As described above, even if the oscillation frequency of the VCO 11 shifts due to process variations, the oscillation frequency of the VCO can be set within the pull-in range of the PLL by changing the value of the range resistance.

[0023]

According to the present invention, a PLL circuit having high oscillation stability can be constructed without using external parts such as a crystal oscillator or a voltage variable capacitance diode, which is optimal for integration.

[Brief description of drawings]

FIG. 1 is a block diagram showing a configuration of an exemplary embodiment of the present invention.

FIG. 2 is a diagram showing a specific circuit configuration of an example.

FIG. 3 is a diagram showing a timing chart of an example.

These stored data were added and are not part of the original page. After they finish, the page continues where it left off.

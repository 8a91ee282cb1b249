-- ===== src/Storefront/ListProducts/Pages.antt =====
-- The pages of a listing, one after the other, are the listing.
use mathlib.Core.Path.{subst}
use promotion_management_api.Base.{
  ℕ, zero, suc, ◌+◌, ◌-◌, ◌*◌, ◌≡◌, refl, ap, ◌∙◌, Bool, Option, none, some, List, [], ◌∷◌, ◌++◌,
  arith, take, drop, length,
}
use promotion_management_api.Base.Texts.{Text}
use promotion_management_api.Base.Result.{Result, ok, err, ◌>>=◌, >>=-ok, ok-injective}
use promotion_management_api.Storefront.StoredProduct.{Hash, ProductView}
use promotion_management_api.Storefront.ProductReads.{
  Redis, ReadFault, replied, list_key, page, count, find, find_all,
}
use promotion_management_api.Storefront.ListProductsInput.{ListProductsInput}
use promotion_management_api.Storefront.ListProducts.{
  ProductPage, parsed, dropped_of, parse_all, execute,
}

-- What `ZRANGE ... BYSCORE LIMIT` and `ZCARD` answer of a sorted set with such members, in the order
-- that is asked for.
pub record IsListing (redis : Redis) (category : Option Text) (ascending : Bool)
    (members : List Text) : Type 0 where
  pub ranged :
      (offset size : ℕ)
      → redis.zrange (list_key category) ascending offset size
        ≡ replied (take size (drop offset members))
  pub counted : redis.zcard (list_key category) ≡ replied (length members)

module _ (redis : Redis) where
  -- What the reader shows of some members.
  abbrev pub shown : List Text → Result ReadFault (List ProductView)
  shown ids = find_all redis ids >>= parse_all

  find_all-append :
      (xs ys : List Text) {hs ks : List (Option Hash)}
      → find_all redis xs ≡ ok hs
      → find_all redis ys ≡ ok ks
      → find_all redis (xs ++ ys) ≡ ok (hs ++ ks)
  unfolding find_all
  find_all-append [] ys {ks = ks} h k =
      subst (λ (hs : List (Option Hash)). find_all redis ys ≡ ok (hs ++ ks)) (ok-injective h) k
  find_all-append (x ∷ xs) ys {ks = ks} h k =
      let (hash, e, h1) = >>=-ok (find redis x) _ h in
      let (hashes, d, h2) = >>=-ok (find_all redis xs) _ h1 in
      subst (λ (hs : List (Option Hash)). find_all redis (x ∷ xs ++ ys) ≡ ok (hs ++ ks))
        (ok-injective h2) (rw (e, find_all-append xs ys d k) refl)

  parse_all-append :
      (hs ks : List (Option Hash)) {us vs : List ProductView}
      → parse_all hs ≡ ok us
      → parse_all ks ≡ ok vs
      → parse_all (hs ++ ks) ≡ ok (us ++ vs)
  unfolding parse_all
  parse_all-append [] ks {vs = vs} h k =
      subst (λ (us : List ProductView). parse_all ks ≡ ok (us ++ vs)) (ok-injective h) k
  parse_all-append (none ∷ hs) ks h k = parse_all-append hs ks h k
  parse_all-append (some hash ∷ hs) ks {vs = vs} h k =
      let (view, e, h1) = >>=-ok (parsed hash) _ h in
      let (views, d, h2) = >>=-ok (parse_all hs) _ h1 in
      subst (λ (us : List ProductView). parse_all (some hash ∷ hs ++ ks) ≡ ok (us ++ vs))
        (ok-injective h2) (rw (e, parse_all-append hs ks d k) refl)

  shown-append :
      (xs ys : List Text) {us vs : List ProductView}
      → shown xs ≡ ok us
      → shown ys ≡ ok vs
      → shown (xs ++ ys) ≡ ok (us ++ vs)
  shown-append xs ys h k =
      let (hs, found_xs, parsed_xs) = >>=-ok (find_all redis xs) parse_all h in
      let (ks, found_ys, parsed_ys) = >>=-ok (find_all redis ys) parse_all k in
      rw (find_all-append xs ys found_xs found_ys) (parse_all-append hs ks parsed_xs parsed_ys)

  abbrev page_of :
      ListProductsInput → List Text → ℕ → List (Option Hash) → List ProductView → ProductPage
  page_of input ids total hashes items = record {
    items = items;
    page = input.page;
    page_size = input.page_size;
    total = total;
    dropped = dropped_of ids hashes;
  }

  parsed_page :
      (input : ListProductsInput) (ids : List Text) (n : ℕ) (hashes : List (Option Hash))
      (views : Result ReadFault (List ProductView)) {r : ProductPage}
      → (views >>= λ items. ok (page_of input ids n hashes items)) ≡ ok r
      → (views ≡ ok r.items) × (r.total ≡ n)
  parsed_page input ids n hashes (err fault) h = cc
  parsed_page input ids n hashes (ok items) h = (ground arith, ground arith)

  found_page :
      (input : ListProductsInput) (ids : List Text) (n : ℕ)
      (found : Result ReadFault (List (Option Hash))) {r : ProductPage}
      → (found >>= λ hashes. parse_all hashes >>= λ items. ok (page_of input ids n hashes items))
        ≡ ok r
      → ((found >>= parse_all) ≡ ok r.items) × (r.total ≡ n)
  found_page input ids n (err fault) h = cc
  found_page input ids n (ok hashes) h = parsed_page input ids n hashes (parse_all hashes) h

  -- A page shows its part of the members, and their number as the total.
  execute-shown :
      (input : ListProductsInput) (members : List Text) {r : ProductPage}
      → IsListing redis input.category input.ascending members
      → execute redis input ≡ ok r
      → (shown (take input.page_size (drop ((input.page - 1) * input.page_size) members))
          ≡ ok r.items)
        × (r.total ≡ length members)
  unfolding execute page count
  execute-shown input members {r} listing h =
      let offset = (input.page - 1) * input.page_size in
      found_page input (take input.page_size (drop offset members)) (length members)
        (find_all redis (take input.page_size (drop offset members))) {r = r}
        (rw (listing.ranged offset input.page_size, listing.counted) at h)

  shown_none : shown [] ≡ ok []
  unfolding find_all parse_all
  shown_none = refl

  -- The first `n` pages, one query after the other.
  abbrev pub first_pages :
      Option Text → (ascending : Bool) → (page_size n : ℕ) → Result ReadFault (List ProductView)
  first_pages category ascending page_size zero = ok []
  first_pages category ascending page_size (suc n) = do
    items ← first_pages category ascending page_size n
    next ←
        execute redis (record {
          category = category;
          ascending = ascending;
          page = suc n;
          page_size = page_size;
        })
    ok (items ++ next.items)

  take-add : (n m : ℕ) (xs : List Text) → take n xs ++ take m (drop n xs) ≡ take (n + m) xs
  take-add zero m xs = ap (λ (k : ℕ). take k xs) (omega arith)
  take-add (suc n) zero [] = let e : suc n + 0 ≡ suc n = omega arith in rw e refl
  take-add (suc n) (suc m) [] = let e : suc n + suc m ≡ suc (n + suc m) = omega arith in rw e refl
  take-add (suc n) m (x ∷ xs) =
      let e : suc n + m ≡ suc (n + m) = omega arith in rw e (ap (◌∷◌ x) (take-add n m xs))

  -- Over a listing that does not change, the first pages together show what its front shows, each
  -- member once and in its order, whatever the page size.
  pub first_pages-shown :
      (category : Option Text) (ascending : Bool) (page_size n : ℕ) (members : List Text)
      {items : List ProductView}
      → IsListing redis category ascending members
      → first_pages category ascending page_size n ≡ ok items
      → shown (take (n * page_size) members) ≡ ok items
  first_pages-shown category ascending page_size zero members listing h =
      let e : 0 * page_size ≡ 0 = omega arith in rw e (shown_none ∙ h)
  first_pages-shown category ascending page_size (suc n) members {items = items} listing h =
      let (front, e, h1) = >>=-ok (first_pages category ascending page_size n) _ h in
      let (r, d, h2) =
        >>=-ok
          (execute redis (record {
            category = category;
            ascending = ascending;
            page = suc n;
            page_size = page_size;
          }))
          _ h1 in
      let before = first_pages-shown category ascending page_size n members listing e in
      let less : suc n - 1 ≡ n = omega arith in
      let (here, _) = execute-shown _ members listing d in
      let whole : take (n * page_size) members ++ take page_size (drop (n * page_size) members)
          ≡ take (suc n * page_size) members =
        take-add (n * page_size) page_size members ∙ ap (λ (k : ℕ). take k members) (grind arith) in
      subst (λ (ids : List Text). shown ids ≡ ok items) whole
        (shown-append (take (n * page_size) members) (take page_size (drop (n * page_size) members))
            before (rw less at here)
          ∙ h2)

FIG. 4 is a block diagram showing a conventional PLL circuit.

[Explanation of symbols]

 1 crystal oscillator circuit for carrier synchronization 2 detection circuit 3, 10 PLL circuit 4 baseband latch circuit 5 phase comparator 6 loop filter 8 frequency divider 11 VCO 12 frequency detection circuit 13 resistance selector 14 resistance network

Claims (4)

[Claims] 1. A voltage controlled oscillator having a first terminal for inputting a control voltage from a loop filter and a second terminal for adjusting an output frequency range; and an output signal of the voltage controlled oscillator at one end and the other end. In a PLL circuit having a phase comparator for inputting an external signal, a frequency detection circuit for detecting whether or not the output signal frequency of the voltage controlled oscillator is within a predetermined frequency range, and an input select signal. A resistor circuit network that selectively connects a resistor to the second terminal of the voltage controlled oscillator according to the above, and a resistor selector that outputs the select signal to the resistor circuit network according to the detection result of the frequency detection circuit. A PLL circuit characterized by the above. 2. The frequency detection circuit includes a counter that counts a reference clock for one cycle of the output signal of the voltage controlled oscillator, and a comparator that compares the content of the counter with a predetermined value. 2. The PLL according to claim 1, comprising an up-down counter that counts up and down according to a comparison result of the comparator, and a decoder that decodes the content of the up-down counter and outputs the select signal. circuit. 3. The frequency detection circuit includes a first counter that counts a reference clock for one period of an output signal of the voltage controlled oscillator, a comparator that compares the content of the first counter with a predetermined value, and the voltage. 2. A second counter for counting the output signal of the controlled oscillator, wherein the comparison result of the comparator is input to the resistance selector every time the content of the second counter reaches a specific value. PLL circuit. 4. The PLL circuit is a PLL circuit for inputting a baseband signal obtained by detecting a digital demodulated signal by a detection circuit as the external signal and reproducing a clock signal synchronized with the external signal, wherein the frequency detection is performed. The circuit is
An oscillation signal of a crystal oscillator for carrier synchronization, which comprises a counter that counts a reference clock for one period of the output signal of the voltage controlled oscillator and a comparator that compares the content of the counter with a predetermined value, and is connected to the detection circuit. 2. The PLL circuit according to claim 1, wherein is input as the reference clock.